Thank you :slight_smile:
I’m not using a custom sampler right now but I will check yours. It could be the reason why my % of valid SMILES is so low.

Btw, padding didn’t seem to affect much of my training. With or without padding my results were the same.

Hi @marcossantana,

Yes, I am now finding that as well. It appears that FastAI doesn’t use padding when creating the batches for the initial language model training phase. For some reason, the padding embedding still chances during training though. I just posted a question about that:

Where handling padding well really matters is during the classification/regression phase, as the model needs to mask the padding token when featurizing the text. This happens in the masked_concat_pool function. I was getting really bad metrics when trying to use my pre-trained LSTM to regress pIC50s. I am currently trying to figure out if there was some issue with the padding token.

1 Like

Hmmm maybe pad_token = 1 means that when ‘xxpad’ is numericalized it get the number 1.

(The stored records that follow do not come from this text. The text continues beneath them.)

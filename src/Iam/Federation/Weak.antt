-- ===== src/Iam/Federation/Weak.antt =====
-- Which trusts are extracted and which of them are weak
-- (crates/activable-iam-engine/src/federation.rs).
use activable_cloud.Prelude.{
  ◌≡◌, refl, sym, ◌∙◌, subst, ◌↔◌, ◌⊎◌, inl, inr, true, false, not, ◌&&◌, List, [], ◌∷◌, arith,
  Text, Any, All, Any-append, Any-keep, Any-iff, Any-×, any-false, any_of_false, any, ↔_trans,
  Bool-cases, keep,
}
use activable_cloud.Prelude.Errors.{Result, ok, >>=-eq-ok, ok_injective}
use activable_cloud.Json.{Value}
use activable_cloud.Iam.Federation.{
  FederationProviderType, FederationCondition, FederationTrust, names_audience, names_subject,
  detect_weakness, extract_federation_trusts, is_some, is_weak, find_weak_federation_trusts,
}
use activable_cloud.Iam.Federation.Extracted.{IsExtracted, extract_federation_trusts-All}

-- A trust is kept exactly if it is there and weak.
kept-weak :
    (t : FederationTrust) (ts : List FederationTrust)
    → Any (λ u. t ≡ u) (keep is_weak ts) ↔ ((is_weak t ≡ true) × Any (λ u. t ≡ u) ts)
kept-weak t ts = ↔_trans (Any-keep (λ u. t ≡ u) is_weak ts) (
    ↔_trans
      (Any-iff (λ u. (is_weak u ≡ true) × (t ≡ u)) (λ u. (t ≡ u) × (is_weak t ≡ true)) ts
        (λ u. (λ (w, e). (e, rw e w), λ (e, w). (rw (← e) w, e))))
      (↔_trans (Any-× (λ u. t ≡ u) (is_weak t ≡ true) ts) (λ (a, w). (w, a), λ (w, a). (a, w))))

judged-of_Any :
    (role_arn : Text) (t : FederationTrust) (ts : List FederationTrust)
    → All (IsExtracted role_arn) ts
    → Any (λ u. t ≡ u) ts
    → t.weakness ≡ detect_weakness t.conditions t.provider_type
judged-of_Any role_arn t [] made a = absurd a
judged-of_Any role_arn t (u ∷ ts) made (inl e) = rw e (made.0).judged
judged-of_Any role_arn t (u ∷ ts) made (inr a) = judged-of_Any role_arn t ts made.1 a

module _ (from_str : Text → Result Text Value) where
  -- A trust that one of the policies gives.
  abbrev pub IsTrustOf : FederationTrust → Text × Text → Type 0
  IsTrustOf t (role_arn, json) =
      (ts : List FederationTrust) × (extract_federation_trusts from_str json role_arn ≡ ok ts)
      × Any (λ u. t ≡ u) ts

  pub find_weak_iff :
      (policies : List (Text × Text)) (weak : List FederationTrust)
      → find_weak_federation_trusts from_str policies ≡ ok weak
      → (t : FederationTrust)
      → Any (λ u. t ≡ u) weak ↔ ((is_weak t ≡ true) × Any (IsTrustOf t) policies)
  unfolding find_weak_federation_trusts
  find_weak_iff [] weak h t = rw (← ok_injective h) (λ a. absurd a, λ a. a.1)
  find_weak_iff ((role_arn, json) ∷ rest) weak h t =
      let (ts, found, with_ts) = >>=-eq-ok (extract_federation_trusts from_str json role_arn) _ h in
      let (later, found_later, e) =
        >>=-eq-ok (find_weak_federation_trusts from_str rest) _ with_ts in
      let (forth, back) = find_weak_iff rest later found_later t in
      subst
        (λ (ws : List FederationTrust).
          Any (λ u. t ≡ u) ws ↔ ((is_weak t ≡ true) × Any (IsTrustOf t) ((role_arn, json) ∷ rest)))
        (ok_injective e)
        (
          λ a. elim ((Any-append (λ u. t ≡ u) (keep is_weak ts) later).0 a) [
            | inl b ↦ let (w, c) = (kept-weak t ts).0 b in (w, inl (ts, found, c))
            | inr b ↦ let (w, c) = forth b in (w, inr c)
          ],
          λ (w, a). (Any-append (λ u. t ≡ u) (keep is_weak ts) later).1 (elim a [
            | inl (us, found_us, c) ↦
                let same : us ≡ ts = ok_injective (sym found_us ∙ found) in
                inl ((kept-weak t ts).1 (w, subst (Any (λ u. t ≡ u)) same c))
            | inr c ↦ inr (back (w, c))
          ]),
        )

  trust-judged :
      (t : FederationTrust) (policies : List (Text × Text))
      → Any (IsTrustOf t) policies
      → t.weakness ≡ detect_weakness t.conditions t.provider_type
  trust-judged t [] from = absurd from
  trust-judged t ((role_arn, json) ∷ rest) (inl (ts, found, a)) =
      let made = extract_federation_trusts-All from_str json role_arn found in
      judged-of_Any role_arn t ts made a
  trust-judged t (policy ∷ rest) (inr from) = trust-judged t rest from

-- No condition names the audience, or none names the subject.
abbrev pub LacksOne : List FederationCondition → Type 0
LacksOne cs = All (λ c. names_audience c ≡ false) cs ⊎ All (λ c. names_subject c ≡ false) cs

some-detect_weakness :
    (cs : List FederationCondition) (type : FederationProviderType)
    → is_some (detect_weakness cs type) ≡ not (any names_audience cs && any names_subject cs)
unfolding detect_weakness
some-detect_weakness [] type = refl
some-detect_weakness (c ∷ cs) type = elim (Bool-cases (any names_audience (c ∷ cs))) [
  | inl a ↦ elim (Bool-cases (any names_subject (c ∷ cs))) [
    | inl b ↦ rw (a, b) refl
    | inr b ↦ rw (a, b) refl
  ]
  | inr a ↦ elim (Bool-cases (any names_subject (c ∷ cs))) [
    | inl b ↦ rw (a, b) refl
    | inr b ↦ rw (a, b) refl
  ]
]

weakness_iff :
    (cs : List FederationCondition) (type : FederationProviderType)
    → (is_some (detect_weakness cs type) ≡ true) ↔ LacksOne cs
weakness_iff cs type =
    let judged = some-detect_weakness cs type in
    (
      λ w. elim (Bool-cases (any names_audience cs)) [
        | inl a ↦ inr (any-false names_subject cs (ground arith))
        | inr a ↦ inl (any-false names_audience cs a)
      ],
      elim [
        | inl l ↦ let none_of = any_of_false names_audience cs l in ground arith
        | inr l ↦ let none_of = any_of_false names_subject cs l in ground arith
      ],
    )

-- Where the analysis of roles succeeds, it reports exactly those trusts of their policies whose conditions name no audience or no subject.
pub find_weak_federation_trusts_iff :
    (from_str : Text → Result Text Value) (policies : List (Text × Text))
    (weak : List FederationTrust)
    → find_weak_federation_trusts from_str policies ≡ ok weak
    → (t : FederationTrust)
    → Any (λ u. t ≡ u) weak ↔ (LacksOne t.conditions × Any (IsTrustOf from_str t) policies)
find_weak_federation_trusts_iff from_str policies weak h t =
    let (forth, back) = find_weak_iff from_str policies weak h t in
    (
      λ a.
          let (w, from) = forth a in
          let judged = trust-judged from_str t policies from in
          ((weakness_iff t.conditions t.provider_type).0 (rw (← judged) w), from),
      λ (l, from).
          let judged = trust-judged from_str t policies from in
          back (rw judged ((weakness_iff t.conditions t.provider_type).1 l), from),
    )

My answer after training a model using fastai: YES.

I trained a model on a huge collection of molecules (~1million) and then fined-tuned it with a very small dataset (~400). It was able to generate 99% novel molecules and scaffolds.

1 Like

Hi @marcossantana, what did your final tokenizer look like? How do you handle padding? do you prepad your data before training your language model?

I’m using this tokenizer now to work with protein data, but I’m not sure if it’s the best:

defaults.text_pre_rules = []
defaults.text_post_rules = []

class LetterTokenizer(BaseTokenizer):
    "Character level tokenizer function."
    def __init__(self, lang): pass
    def tokenizer(self, t:str) -> List[str]:
        out = [BOS]
        i = 0
        while i < len(t):
            out.append(t[i])
            i += 1
        return out
            
    def add_special_cases(self, toks:Collection[str]): pass

char_tokenize_processor = TokenizeProcessor(tokenizer=Tokenizer(tok_func=LetterTokenizer), include_bos=False)

data_lm = (TextList
              .from_csv(path='../',csv_name='100k.csv', 
                           processor=[OpenFileProcessor(), char_tokenize_processor, NumericalizeProcessor()])
              .split_by_rand_pct(0.01)
              .label_for_lm()
              .databunch(bs=256,bptt=128))
idx text
0 I I S T V xxbos M E R L K K E E E E K L K E V E A E E E E E E E E E E E E E E E E I P L Q R N V R R T G E G E S S G T A E E E K L E K M V S
1 F D E K L I I Y G R D V Y L K D G R L I F E S I A D A D H I R S S I V N D G T K Q P I L E E L K G F T S S K S A F M T A T K E L S E A A V F
2 S D A E A K L K N G V H C L E V xxbos M L D G R R S K E N W G V K H N P T T D A I F I L A E T G T C M I H I A C H F D G E K L K L Q L T K V
3 E R T G R P L G A D N F I A W L E N V L G R M L H K Q K S A I S F G V A G A A C R G R xxbos M G P G S R V H T V Q T L V V G G G V V G L S A
4 P K V K R P E A G V T G R E M L L W D F K D M N Q E G L E N I W A A L D D V V M G G V S L S N I K L A E H G A T F S G E T S S R N S G G F C

Right now I don’t have any padding in my input.

I used pretty much standard stuff. I added xxbos and xxeos tokens but no special padding.
My tokenizer looks like this. Pretty simple compared to my previous version…

My problem was the sampling. Fastai keeps adding tokens until the max_size.

Ah
Beware when sampling! If you just use the predict method you might get horrible results. That’s because it wont stop adding tokens until the sentence reaches a predefined size. Try to modify it to include a stop token.

Hi @cdparks
Did you manage to improve your results?